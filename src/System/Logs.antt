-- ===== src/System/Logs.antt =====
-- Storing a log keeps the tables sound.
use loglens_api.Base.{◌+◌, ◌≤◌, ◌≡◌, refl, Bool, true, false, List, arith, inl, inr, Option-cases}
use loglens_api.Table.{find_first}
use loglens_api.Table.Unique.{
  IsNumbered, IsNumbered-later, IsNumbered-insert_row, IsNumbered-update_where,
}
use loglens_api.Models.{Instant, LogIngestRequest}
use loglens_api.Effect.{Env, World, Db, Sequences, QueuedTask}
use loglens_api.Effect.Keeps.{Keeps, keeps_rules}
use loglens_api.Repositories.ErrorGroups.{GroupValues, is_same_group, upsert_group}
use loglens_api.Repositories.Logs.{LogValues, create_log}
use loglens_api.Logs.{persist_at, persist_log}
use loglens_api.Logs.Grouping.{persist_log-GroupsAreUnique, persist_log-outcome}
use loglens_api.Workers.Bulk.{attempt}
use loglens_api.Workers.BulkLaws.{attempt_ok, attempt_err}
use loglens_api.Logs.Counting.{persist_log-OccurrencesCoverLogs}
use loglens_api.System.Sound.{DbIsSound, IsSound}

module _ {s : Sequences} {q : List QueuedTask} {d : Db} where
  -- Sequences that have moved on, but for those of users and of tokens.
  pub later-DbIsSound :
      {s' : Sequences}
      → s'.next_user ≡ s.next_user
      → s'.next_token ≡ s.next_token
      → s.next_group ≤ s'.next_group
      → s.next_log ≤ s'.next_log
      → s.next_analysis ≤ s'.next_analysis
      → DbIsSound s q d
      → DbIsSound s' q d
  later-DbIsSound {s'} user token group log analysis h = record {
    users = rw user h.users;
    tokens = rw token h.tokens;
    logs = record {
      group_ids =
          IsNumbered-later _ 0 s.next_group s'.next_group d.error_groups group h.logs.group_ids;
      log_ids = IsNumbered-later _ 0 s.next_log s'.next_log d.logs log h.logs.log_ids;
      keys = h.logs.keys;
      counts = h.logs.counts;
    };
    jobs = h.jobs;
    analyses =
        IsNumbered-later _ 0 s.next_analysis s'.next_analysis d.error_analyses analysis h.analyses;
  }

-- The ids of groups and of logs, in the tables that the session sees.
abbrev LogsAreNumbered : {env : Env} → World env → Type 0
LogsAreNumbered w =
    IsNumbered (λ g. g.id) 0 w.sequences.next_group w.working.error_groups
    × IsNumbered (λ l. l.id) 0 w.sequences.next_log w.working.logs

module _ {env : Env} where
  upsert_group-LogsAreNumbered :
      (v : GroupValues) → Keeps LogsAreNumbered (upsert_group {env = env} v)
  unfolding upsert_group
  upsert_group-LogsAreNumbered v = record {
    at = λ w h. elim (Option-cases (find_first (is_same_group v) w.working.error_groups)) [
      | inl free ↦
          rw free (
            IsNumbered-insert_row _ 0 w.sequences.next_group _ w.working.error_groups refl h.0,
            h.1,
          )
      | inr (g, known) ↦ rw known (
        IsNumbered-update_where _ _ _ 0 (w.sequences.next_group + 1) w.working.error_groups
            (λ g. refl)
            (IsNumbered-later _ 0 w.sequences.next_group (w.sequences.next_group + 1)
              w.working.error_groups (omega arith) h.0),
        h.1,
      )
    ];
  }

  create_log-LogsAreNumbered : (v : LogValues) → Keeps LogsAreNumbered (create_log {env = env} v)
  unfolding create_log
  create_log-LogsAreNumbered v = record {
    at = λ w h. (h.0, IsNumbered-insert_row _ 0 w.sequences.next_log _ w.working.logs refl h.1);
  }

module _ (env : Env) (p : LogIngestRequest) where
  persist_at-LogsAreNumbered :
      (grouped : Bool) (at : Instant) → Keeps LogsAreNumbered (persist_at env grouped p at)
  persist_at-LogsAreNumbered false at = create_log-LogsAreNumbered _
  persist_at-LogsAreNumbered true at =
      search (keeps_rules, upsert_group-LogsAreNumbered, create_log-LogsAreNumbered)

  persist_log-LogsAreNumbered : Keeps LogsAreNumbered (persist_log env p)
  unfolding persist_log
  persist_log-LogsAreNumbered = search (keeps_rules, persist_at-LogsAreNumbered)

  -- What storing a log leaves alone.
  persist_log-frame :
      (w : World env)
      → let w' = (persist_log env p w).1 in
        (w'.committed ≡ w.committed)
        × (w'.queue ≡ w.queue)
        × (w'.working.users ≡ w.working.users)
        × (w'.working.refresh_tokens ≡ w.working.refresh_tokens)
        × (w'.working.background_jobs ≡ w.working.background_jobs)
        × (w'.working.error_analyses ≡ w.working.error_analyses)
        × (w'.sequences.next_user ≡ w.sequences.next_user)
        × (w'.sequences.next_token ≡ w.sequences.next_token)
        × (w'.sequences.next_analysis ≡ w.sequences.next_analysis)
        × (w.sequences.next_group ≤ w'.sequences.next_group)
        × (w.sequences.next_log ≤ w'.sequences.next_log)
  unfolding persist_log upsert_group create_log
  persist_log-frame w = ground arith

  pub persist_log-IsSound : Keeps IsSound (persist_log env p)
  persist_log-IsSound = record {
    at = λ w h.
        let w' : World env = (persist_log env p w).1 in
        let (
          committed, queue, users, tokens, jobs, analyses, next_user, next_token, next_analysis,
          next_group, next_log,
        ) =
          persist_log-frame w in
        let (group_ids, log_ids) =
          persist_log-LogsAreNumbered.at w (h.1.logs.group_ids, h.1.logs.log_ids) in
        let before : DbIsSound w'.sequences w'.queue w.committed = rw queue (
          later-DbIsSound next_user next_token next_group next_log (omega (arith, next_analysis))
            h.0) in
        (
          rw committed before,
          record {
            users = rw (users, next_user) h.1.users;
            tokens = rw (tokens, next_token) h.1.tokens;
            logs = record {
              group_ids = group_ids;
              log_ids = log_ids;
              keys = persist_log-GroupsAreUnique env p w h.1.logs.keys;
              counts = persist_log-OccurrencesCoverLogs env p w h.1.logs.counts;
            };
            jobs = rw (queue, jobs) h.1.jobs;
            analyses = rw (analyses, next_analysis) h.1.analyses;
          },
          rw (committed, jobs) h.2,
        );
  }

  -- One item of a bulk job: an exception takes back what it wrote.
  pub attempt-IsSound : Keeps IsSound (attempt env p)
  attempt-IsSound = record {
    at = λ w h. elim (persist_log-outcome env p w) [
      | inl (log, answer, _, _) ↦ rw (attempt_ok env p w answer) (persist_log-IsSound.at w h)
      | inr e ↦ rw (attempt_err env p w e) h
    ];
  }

^^^^^^^^

* **TASK ITEM**: In the entries above, the lines from the one bearing "(w'.working.users ≡ w.working.users)" up to and including the one bearing "pub attempt-IsSound : Keeps" should be transcribed exactly; no other line is wanted.

* **RESULT OF THE EXERCISE**:
        × (w'.working.users ≡ w.working.users)
        × (w'.working.refresh_tokens ≡ w.working.refresh_tokens)
        × (w'.working.background_jobs ≡ w.working.background_jobs)
        × (w'.working.error_analyses ≡ w.working.error_analyses)
        × (w'.sequences.next_user ≡ w.sequences.next_user)
        × (w'.sequences.next_token ≡ w.sequences.next_token)
        × (w'.sequences.next_analysis ≡ w.sequences.next_analysis)
        × (w.sequences.next_group ≤ w'.sequences.next_group)
        × (w.sequences.next_log ≤ w'.sequences.next_log)
  unfolding persist_log upsert_group create_log
  persist_log-frame w = ground arith

  pub persist_log-IsSound : Keeps IsSound (persist_log env p)
  persist_log-IsSound = record {
    at = λ w h.
        let w' : World env = (persist_log env p w).1 in
        let (
          committed, queue, users, tokens, jobs, analyses, next_user, next_token, next_analysis,
          next_group, next_log,
        ) =
          persist_log-frame w in
        let (group_ids, log_ids) =
          persist_log-LogsAreNumbered.at w (h.1.logs.group_ids, h.1.logs.log_ids) in
        let before : DbIsSound w'.sequences w'.queue w.committed = rw queue (
          later-DbIsSound next_user next_token next_group next_log (omega (arith, next_analysis))
            h.0) in
        (
          rw committed before,
          record {
            users = rw (users, next_user) h.1.users;
            tokens = rw (tokens, next_token) h.1.tokens;
            logs = record {
              group_ids = group_ids;
              log_ids = log_ids;
              keys = persist_log-GroupsAreUnique env p w h.1.logs.keys;
              counts = persist_log-OccurrencesCoverLogs env p w h.1.logs.counts;
            };
            jobs = rw (queue, jobs) h.1.jobs;
            analyses = rw (analyses, next_analysis) h.1.analyses;
          },
          rw (committed, jobs) h.2,
        );
  }

  -- One item of a bulk job: an exception takes back what it wrote.
  pub attempt-IsSound : Keeps IsSound (attempt env p)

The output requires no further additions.